After 256 generation, we would go back to generation 0.
When returning a wordset outside of hg_wordset.c, the upper bits
of the ws will be set to its generation.

Before using a ws (I believe this will be only inside do_ix2vec),
the generation of the ws is compared with its expected generation
=> assert if generations are different.
If generations are equal, then the indexing can be done after masking
the generation bits.

I believe this would be relatively simple to implement.
In terms of memory, this is reasonable (an array of bytes,
same nr of elements as ix2vec).
In terms of cpu: as I believe the "cache" lookups do not need to check
the generation (they can/should cache the results with the generations),
the cpu should not be too much influenced by the needed generation check
and masking (should be only in do_ix2vec IIUC).
The level of protection against re-using an old (dangling but recycled)
ws depends on the nr of bits used for the generation.

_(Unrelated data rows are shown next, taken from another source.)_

-- ===== src/Algo/Heap/Pop.antt =====
-- pop_heap.
use mathlib.Core.List.Perm
use c_nad.Core.Span
use c_nad.Core.Cmp.{Cmp, IsOrder}
use c_nad.Prelude.Array.{get_or, exchange, length-exchange, get_or-exchange, exchange-perm}
use c_nad.Prelude.{
  ◌-◌, ◌<◌, ◌≡◌, refl, ap, List, Perm, arith, ◌==◌, lt→ltb, length, Returns, Returns-map,
  Returns-if,
}
use c_nad.Algo.Heap.{parent, pop_heap}
use c_nad.Algo.Heap.Order.{IsHeap}
use c_nad.Algo.Heap.Down.{sift_down-Sifted}

module _ {A : Type 0} (d : A) (cmp : Cmp A) where
  -- What pop_heap leaves: the old root last, a heap of the other elems before it.
  pub record IsPopped (s t : List A) : Type 0 where
    pub heap : IsHeap d cmp t (length s - 1)
    pub last : get_or t (length s - 1) d ≡ get_or s 0 d
    pub same : Perm t s

module _ {A : Type 0} (d : A) (cmp : Cmp A) (o : IsOrder cmp) where
  -- pop_heap moves the root of a heap behind a heap of the other elems.
  pub pop_heap-IsPopped :
      (s : List A)
      → 0 < length s
      → IsHeap d cmp s (length s)
      → Returns (IsPopped d cmp s) (pop_heap s cmp)
  unfolding pop_heap
  pop_heap-IsPopped s pos h =
      let n = length s - 1 in
      let hn : n < length s = omega arith in
      let at = get_or-exchange d s 0 n pos hn in
      rw (lt→ltb 0 (length s) pos) (
        Returns-if (length s == 1)
          (λ one. (
            s,
            refl,
            record {
              heap = λ c p q r. absurd (ground arith);
              last = ap (λ k. get_or s k d) (ground arith);
              same = Perm.rfl;
            },
          ))
          (λ more. rw (Span.swap_elems-done d s 0 n pos hn) (
            Returns-map _
              (sift_down-Sifted d cmp o 0 (exchange d s 0 n) n 0
                (omega (arith, length-exchange d s 0 n)) (omega arith)
                (record {
                  edges = λ c p q r t. ground (arith, at c, at (parent c), h c);
                  bridged = λ c p q r t u. absurd (omega arith);
                }))
              λ t u. record {
                heap = u.heap;
                last = ground (arith, u.behind n, at n);
                same = Perm.trans u.same (exchange-perm d s 0 n pos hn);
              })))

I see two possible problems:
1. the max nr of wordset in a wsu will be reduced from 2^32 to 2^(32-GENBITS)
   Taking too many GENBITS will imply a low max on nr of wordset.
   Taking too few  GENBITS will imply a low level of protection.
   => not clear how many bits we should/could take.
2. hg_wordset.h indicates that a ws is a 'opaque, small int index'.
   If a client of hg_wordset.h has used the knowledge that this is a
   'small int' to index another of its own array, then this kind of usage
   is broken. I do not believe there is such a nasty usage but I have not
   scanned the whole helgrind code.
Comment 5 Julian Seward 2011-08-12 07:59:22 UTC
(In reply to comment #4)
> One possible solution is to use a part of the bit range of a ws
> to maintain a generation number.
> [...]
> I see two possible problems:
> [...]

Yes .. good idea .. we could do that, and it would give more
protection.  I don't think either of the possible problems would be a
problem in practice.

But .. too much effort and complexity for this one case, IMO.  Let's
do the patch as-is.  Can you prepare a final version?
Comment 6 Philippe Waroquiers 2011-08-13 07:03:26 UTC
Created attachment 62792 [details]
laog garbage collect: upgraded to 11969, added assert on index

(In reply to comment #5)
> But .. too much effort and complexity for this one case, IMO.  Let's
> do the patch as-is.  Can you prepare a final version?
Attached new version, upgraded to revision 11969.
Added the assertions:
+      tl_assert(links->inns >= 0 && links->inns < univ_laog_cardinality);
...
+      tl_assert(links->outs >= 0 && links->outs < univ_laog_cardinality);
Comment 7 Julian Seward 2011-10-22 19:35:11 UTC
(In reply to comment #6)
> Created an attachment (id=62792) [details]
> laog garbage collect: upgraded to 11969, added assert on index

Committed verbatim; r12201.  Thanks Philippe!